The answer should contain each record below, repeated exactly.
::: Data provided
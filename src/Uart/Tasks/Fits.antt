-- ===== src/Uart/Tasks/Fits.antt =====
-- The messages of the queue ask for as many bytes as their frames have.
use multi_port_convertor.Base.{
  ℕ, ◌≡◌, refl, inl, inr, false, List, [], ◌∷◌, arith, Option, none, some, All, ltb, ◌==◌,
  Bool-cases,
}
use multi_port_convertor.Tool.Mailbox.{Message, Mailbox, enqueue}
use multi_port_convertor.Uart.State.{Uart}
use multi_port_convertor.Uart.Poll.{Action, reply, transmit, wait, release, resp_len, message_of}
use multi_port_convertor.Uart.Poll.Pass.{action_on, posted_one, posted_by}
use multi_port_convertor.Uart.Tasks.{pending, held}

-- The message asks for the whole frame.
abbrev pub Fits : Uart → Message → Type 0
Fits u m = m.data_len ≡ resp_len m.p u

abbrev pub HandFits : Uart → Option Message → Type 0
HandFits u none = Unit
HandFits u (some m) = Fits u m

-- Messages about other buffers fit as before.
pub Fits-away :
    (a : ℕ) (u v : Uart)
    → ((b : ℕ) → (b == a) ≡ false → (v.formats b).cmd ≡ (u.formats b).cmd)
    → (q : Mailbox) → pending a q ≡ 0
    → All (Fits u) q
    → All (Fits v) q
Fits-away a u v same [] e h = tt
Fits-away a u v same (m ∷ q) e (f, h) =
    (ground (arith, same m.p), Fits-away a u v same q (ground arith) h)

pub HandFits-away :
    (a : ℕ) (u v : Uart)
    → ((b : ℕ) → (b == a) ≡ false → (v.formats b).cmd ≡ (u.formats b).cmd)
    → (hand : Option Message) → held a hand ≡ 0
    → HandFits u hand
    → HandFits v hand
HandFits-away a u v same none e h = tt
HandFits-away a u v same (some m) e h = ground (arith, same m.p)

-- Where no frame changes, all messages fit as before.
pub Fits-same :
    (u v : Uart)
    → ((b : ℕ) → (v.formats b).cmd ≡ (u.formats b).cmd)
    → (q : Mailbox) → All (Fits u) q
    → All (Fits v) q
Fits-same u v same [] h = tt
Fits-same u v same (m ∷ q) (f, h) = (ground (arith, same m.p), Fits-same u v same q h)

pub HandFits-same :
    (u v : Uart)
    → ((b : ℕ) → (v.formats b).cmd ≡ (u.formats b).cmd)
    → (hand : Option Message) → HandFits u hand
    → HandFits v hand
HandFits-same u v same none h = tt
HandFits-same u v same (some m) h = ground (arith, same m.p)

Fits-enqueue :
    (u : Uart) (m : Message) (q : Mailbox) → Fits u m → All (Fits u) q → All (Fits u) (enqueue m q)
unfolding enqueue
Fits-enqueue u m [] f h = (f, tt)
Fits-enqueue u m (x ∷ q) f (g, h) = elim (Bool-cases (ltb x.prio m.prio)) [
  | inl e ↦ rw e (f, (g, h))
  | inr e ↦ rw e (g, Fits-enqueue u m q f h)
]

Fits-posted_one :
    (u : Uart) (a : Action) (b : ℕ) (q : Mailbox)
    → All (Fits u) q
    → All (Fits u) (posted_one a (message_of b u) q)
Fits-posted_one u reply b q h = Fits-enqueue u (message_of b u) q refl h
Fits-posted_one u transmit b q h = Fits-enqueue u (message_of b u) q refl h
Fits-posted_one u wait b q h = h
Fits-posted_one u release b q h = h

pub Fits-posted :
    (u : Uart) (bs : List ℕ) (q : Mailbox) → All (Fits u) q → All (Fits u) (posted_by u bs q)
Fits-posted u [] q h = h
Fits-posted u (b ∷ bs) q h =
    Fits-posted u bs (posted_one (action_on u b) (message_of b u) q)
      (Fits-posted_one u (action_on u b) b q h)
::::::
# [Your response]
filename src/Uart/Tasks/Fits.antt
-- ===== src/Uart/Tasks/Fits.antt =====
-- The messages of the queue ask for as many bytes as their frames have.
use multi_port_convertor.Base.{
  ℕ, ◌≡◌, refl, inl, inr, false, List, [], ◌∷◌, arith, Option, none, some, All, ltb, ◌==◌,
  Bool-cases,
}
use multi_port_convertor.Tool.Mailbox.{Message, Mailbox, enqueue}
use multi_port_convertor.Uart.State.{Uart}
use multi_port_convertor.Uart.Poll.{Action, reply, transmit, wait, release, resp_len, message_of}
use multi_port_convertor.Uart.Poll.Pass.{action_on, posted_one, posted_by}
use multi_port_convertor.Uart.Tasks.{pending, held}

-- The message asks for the whole frame.
abbrev pub Fits : Uart → Message → Type 0
Fits u m = m.data_len ≡ resp_len m.p u

abbrev pub HandFits : Uart → Option Message → Type 0
HandFits u none = Unit
HandFits u (some m) = Fits u m

-- Messages about other buffers fit as before.
pub Fits-away :
    (a : ℕ) (u v : Uart)
    → ((b : ℕ) → (b == a) ≡ false → (v.formats b).cmd ≡ (u.formats b).cmd)
    → (q : Mailbox) → pending a q ≡ 0
    → All (Fits u) q
    → All (Fits v) q
Fits-away a u v same [] e h = tt
Fits-away a u v same (m ∷ q) e (f, h) =
    (ground (arith, same m.p), Fits-away a u v same q (ground arith) h)

pub HandFits-away :
    (a : ℕ) (u v : Uart)
    → ((b : ℕ) → (b == a) ≡ false → (v.formats b).cmd ≡ (u.formats b).cmd)
    → (hand : Option Message) → held a hand ≡ 0
    → HandFits u hand
    → HandFits v hand
HandFits-away a u v same none e h = tt
HandFits-away a u v same (some m) e h = ground (arith, same m.p)

-- Where no frame changes, all messages fit as before.
pub Fits-same :
    (u v : Uart)
    → ((b : ℕ) → (v.formats b).cmd ≡ (u.formats b).cmd)
    → (q : Mailbox) → All (Fits u) q
    → All (Fits v) q
Fits-same u v same [] h = tt
Fits-same u v same (m ∷ q) (f, h) = (ground (arith, same m.p), Fits-same u v same q h)

pub HandFits-same :
    (u v : Uart)
    → ((b : ℕ) → (v.formats b).cmd ≡ (u.formats b).cmd)
    → (hand : Option Message) → HandFits u hand
    → HandFits v hand
HandFits-same u v same none h = tt
HandFits-same u v same (some m) h = ground (arith, same m.p)

Fits-enqueue :
    (u : Uart) (m : Message) (q : Mailbox) → Fits u m → All (Fits u) q → All (Fits u) (enqueue m q)
unfolding enqueue
Fits-enqueue u m [] f h = (f, tt)
Fits-enqueue u m (x ∷ q) f (g, h) = elim (Bool-cases (ltb x.prio m.prio)) [
  | inl e ↦ rw e (f, (g, h))
  | inr e ↦ rw e (g, Fits-enqueue u m q f h)
]

Fits-posted_one :
    (u : Uart) (a : Action) (b : ℕ) (q : Mailbox)
    → All (Fits u) q
    → All (Fits u) (posted_one a (message_of b u) q)
Fits-posted_one u reply b q h = Fits-enqueue u (message_of b u) q refl h
Fits-posted_one u transmit b q h = Fits-enqueue u (message_of b u) q refl h
Fits-posted_one u wait b q h = h
Fits-posted_one u release b q h = h

pub Fits-posted :
    (u : Uart) (bs : List ℕ) (q : Mailbox) → All (Fits u) q → All (Fits u) (posted_by u bs q)
Fits-posted u [] q h = h
Fits-posted u (b ∷ bs) q h =
    Fits-posted u bs (posted_one (action_on u b) (message_of b u) q)
      (Fits-posted_one u (action_on u b) b q h)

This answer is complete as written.